Marie Antoinette, the notorious French queen who was guillotined during the French Revolution, may have had an affair and perhaps even secret love children, according to a new book that reviewed correspondence from her lifetime.
"I Love You Madly: The Secret Letters of Marie Antoinette and Count Fersen" is scheduled for
publication this summer, according to Amazon. In it, historian and biography Evelyn Fisher offers evidence to suggest that Antoinette not only had an affair with Swedish statesman Axel von Fersen, but allegedly gave birth to his child, as well. Sophie, who died as an infant, was fathered by Fersen and not
King Louis XVI, the book suggests, as reported by The Independent.
Farr also calls into question the paternity of Antoinette's son
Louis Charles, according to People magazine.

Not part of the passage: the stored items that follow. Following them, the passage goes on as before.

-- ===== src/Time/Order.antt =====
-- Comparison, sum, difference and quotient of timespecs, against the instants they stand for.
use microblx.Base.{◌≡◌, ◌+◌, ◌*◌, ◌<◌, arith, ap₂, ◌↔◌, ◌≢◌, Bool-cases, ◌∙◌, inl, inr, some}
use microblx.Base.Int.{
  ℤ, pos, negsuc, pos_part, neg_part, ◌+ℤ◌, ◌-ℤ◌, ◌*ℤ◌, ltb_ℤ, +ℤ_cancel, to_u64, to_u64_parts,
  eqb_ne, quot, quot_parts, rem_parts, *ℤ_parts, eq_of_parts, +ℤ_parts, -ℤ_parts,
}
use microblx.Time.{Timespec, nsec_per_sec, ts_cmp, ts_sub, ts_add, ts_div, of_nsec, ts_to_ns}
use microblx.Time.Norm.{total, IsNormal, total-ts_norm, ts_norm-IsNormal}

-- A strictly smaller instant.
abbrev pub ◌<ℤ◌ : ℤ → ℤ → Type 0
◌<ℤ◌ a b = pos_part a + neg_part b < pos_part b + neg_part a

total_parts :
    (ts : Timespec)
    → pos_part (total ts) + neg_part ts.sec * nsec_per_sec + neg_part ts.nsec
      ≡ neg_part (total ts) + pos_part ts.sec * nsec_per_sec + pos_part ts.nsec
total_parts ts = omega (arith, +ℤ_parts, *ℤ_parts)

-- The three ways in which a comparison may end.
data Compared (a b : Timespec) (c : ℤ) : Type 0 where
  later : c ≡ pos 1 → ◌<ℤ◌ (total b) (total a) → Compared a b c
  earlier : c ≡ negsuc 0 → ◌<ℤ◌ (total a) (total b) → Compared a b c
  same : c ≡ pos 0 → a.sec ≡ b.sec → a.nsec ≡ b.nsec → Compared a b c

ts_cmp-Compared : (a b : Timespec) → IsNormal a → IsNormal b → Compared a b (ts_cmp a b)
unfolding ts_cmp
ts_cmp-Compared a b na nb = elim (Bool-cases (ltb_ℤ b.sec a.sec)) [
  | inl p ↦ later (ground arith) (ground (arith, total_parts a, total_parts b))
  | inr p ↦ elim (Bool-cases (ltb_ℤ a.sec b.sec)) [
    | inl q ↦ earlier (ground arith) (ground (arith, total_parts a, total_parts b))
    | inr q ↦ elim (Bool-cases (ltb_ℤ b.nsec a.nsec)) [
      | inl r ↦
          later (ground arith)
            (ground (arith, total_parts a, total_parts b, eq_of_parts a.sec b.sec))
      | inr r ↦ elim (Bool-cases (ltb_ℤ a.nsec b.nsec)) [
        | inl t ↦ earlier (ground arith) (ground (arith, total_parts a, total_parts b))
        | inr t ↦
            same (ground arith) (ground (arith, eq_of_parts a.sec b.sec))
              (ground (arith, eq_of_parts a.nsec b.nsec))
      ]
    ]
  ]
]

-- On timespecs in normal form `ubx_ts_cmp` orders the instants: 1 exactly for a later one, -1
-- exactly for an earlier one and 0 exactly for the same.
pub ts_cmp-total :
    (a b : Timespec)
    → IsNormal a
    → IsNormal b
    → ((ts_cmp a b ≡ pos 1) ↔ (◌<ℤ◌ (total b) (total a)))
      × ((ts_cmp a b ≡ negsuc 0) ↔ (◌<ℤ◌ (total a) (total b)))
      × ((ts_cmp a b ≡ pos 0) ↔ (total a ≡ total b))
ts_cmp-total a b na nb = elim (ts_cmp-Compared a b na nb) [
  | later c l ↦ (
    (λ _. l, λ _. c),
    (λ e. cc, λ h. absurd (omega arith)),
    (λ e. cc, λ e. absurd (ground arith)),
  )
  | earlier c l ↦ (
    (λ e. cc, λ h. absurd (omega arith)),
    (λ _. l, λ _. c),
    (λ e. cc, λ e. absurd (ground arith)),
  )
  | same c e f ↦
      let t : total a ≡ total b = ap₂ (λ s n. s *ℤ pos nsec_per_sec +ℤ n) e f in
      (
        (λ h. cc, λ h. absurd (ground arith)),
        (λ h. cc, λ h. absurd (ground arith)),
        (λ _. t, λ _. c),
      )
]

sec_unique : (a b : Timespec) → IsNormal a → IsNormal b → total a ≡ total b → a.sec ≡ b.sec
sec_unique a b na nb e = ground (arith, total_parts a, total_parts b, eq_of_parts a.sec b.sec)

nsec_unique : (a b : Timespec) → IsNormal a → IsNormal b → total a ≡ total b → a.nsec ≡ b.nsec
nsec_unique a b na nb e =
    ground (arith, total_parts a, total_parts b, sec_unique a b na nb e, eq_of_parts a.nsec b.nsec)

-- A timespec in normal form is determined by its instant.
pub normal_unique : (a b : Timespec) → IsNormal a → IsNormal b → total a ≡ total b → a ≡ b
normal_unique a b na nb e =
    λ i. record { sec = sec_unique a b na nb e i; nsec = nsec_unique a b na nb e i }

pub total-ts_add : (a b : Timespec) → total (ts_add a b) ≡ total a +ℤ total b
unfolding ts_add
total-ts_add a b = total-ts_norm _ ∙ omega (arith, +ℤ_parts, *ℤ_parts, eq_of_parts)

pub total-ts_sub : (a b : Timespec) → total (ts_sub a b) ≡ total a -ℤ total b
unfolding ts_sub
total-ts_sub a b = total-ts_norm _ ∙ omega (arith, +ℤ_parts, -ℤ_parts, *ℤ_parts, eq_of_parts)

ts_add-IsNormal : (a b : Timespec) → IsNormal (ts_add a b)
unfolding ts_add
ts_add-IsNormal a b = ts_norm-IsNormal _

ts_sub-IsNormal : (a b : Timespec) → IsNormal (ts_sub a b)
unfolding ts_sub
ts_sub-IsNormal a b = ts_norm-IsNormal _

-- `ubx_ts_add` adds instants and `ubx_ts_sub` subtracts them, and both give normal forms.
pub ts_add-ts_sub_instants :
    (a b : Timespec)
    → (total (ts_add a b) ≡ total a +ℤ total b)
      × (total (ts_sub a b) ≡ total a -ℤ total b)
      × IsNormal (ts_add a b)
      × IsNormal (ts_sub a b)
ts_add-ts_sub_instants a b =
    (total-ts_add a b, total-ts_sub a b, ts_add-IsNormal a b, ts_sub-IsNormal a b)

-- Subtracting what was added to a timespec in normal form gives it back, member by member.
pub ts_sub-ts_add : (a b : Timespec) → IsNormal a → ts_sub (ts_add a b) b ≡ a
ts_sub-ts_add a b na =
    normal_unique (ts_sub (ts_add a b) b) a (ts_sub-IsNormal (ts_add a b) b) na
      (total-ts_sub (ts_add a b) b ∙ rw (total-ts_add a b) (+ℤ_cancel (total a) (total b)))

of_nsec-total : (x : ℤ) → total (of_nsec x) ≡ x
unfolding of_nsec
of_nsec-total x = omega (
  arith,
  +ℤ_parts,
  *ℤ_parts,
  eq_of_parts,
  quot_parts x nsec_per_sec,
  rem_parts x (pos nsec_per_sec),
)

of_nsec-IsNormal : (x : ℤ) → IsNormal (of_nsec x)
unfolding of_nsec
of_nsec-IsNormal (pos n) =
    let q = quot_parts (pos n) nsec_per_sec (omega arith) in
    let r = rem_parts (pos n) (pos nsec_per_sec) (omega arith) in
    record { small = omega arith; signs = inl (omega arith, omega arith) }
of_nsec-IsNormal (negsuc n) =
    let q = quot_parts (negsuc n) nsec_per_sec (omega arith) in
    let r = rem_parts (negsuc n) (pos nsec_per_sec) (omega arith) in
    record { small = omega arith; signs = inr (omega arith, omega arith) }

-- `ubx_ts_div` by a number other than 0 gives the normal form of the instant, divided and
-- truncated towards zero to a nanosecond.
pub ts_div_instant :
    (a : Timespec) (d : ℤ)
    → d ≢ pos 0
    → (q : Timespec) × (ts_div a d ≡ some q) × (total q ≡ quot (total a) d) × IsNormal q
unfolding ts_div
ts_div_instant a d h = (of_nsec x, rw (eqb_ne d (pos 0) h), of_nsec-total x, of_nsec-IsNormal x)
  where
    x : ℤ
    x = quot (total a) d

-- `ubx_ts_to_ns` is the instant, taken modulo 2 ^ 64.
pub ts_to_ns_instant : (a : Timespec) → ts_to_ns a ≡ to_u64 (total a)
unfolding ts_to_ns
ts_to_ns_instant a =
    omega (arith, to_u64_parts a.sec, to_u64_parts a.nsec, to_u64_parts (total a), total_parts a)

The main piece of evidence is a 1791 note from a friend of the couple, Quintin Craufurd, to then-British Prime Minister William Pitt and his Foreign Secretary Lord Grenville.
"I know [Fersen] intimately, and think him a man of unquestionable honour and veracity," Craufurd wrote, according to Farr. "He is calm, resolute, and uncommonly discreet, without being reserved. This gentleman was Colonel of the Royal Suédois; was Her Most Christian Majesty's prime favourite; and is generally supposed to be the father of the present Dauphin [eldest son of the King of France]."
The book's title comes from Fersen, who reportedly told Antoinette in one letter, "I love you and will love you madly all my life." The Independent added that Antoinette called Fersen "the most loved and loving of men" and wrote that "my heart is all yours."
Previous published letters between Antoinette and Fersen only concerned affairs of state, the U.K. newspaper said.
Farr told People she compiled what she calls the most complete collection of the couple's correspondence, looking through archives to discover what was behind the blacked-out sections of some of the letters.
Marie Antoinette was in a loveless marriage with King Louis XVI that was arranged since she was 14. She allegedly began her affair with Fersen when she was 18 and it became physical in the last 10 years of her life when he traveled back to France after the American Revolution in 1783, the magazine noted.
"If she hadn't had him, how absolutely awful her life would have been," Farr told People.
Marie Antoinette, who married the future French king when she was just 15, and her husband were reviled for their excesses and the royal family was forced live under supervision of revolutionaries after the
French Revolution outbreak in 1789, according to History.com.
She was guillotined on Oct. 16, 1793, after being arrested and tried for "trumped-up" crimes against the French republic, the website said. King Louis was executed the same year.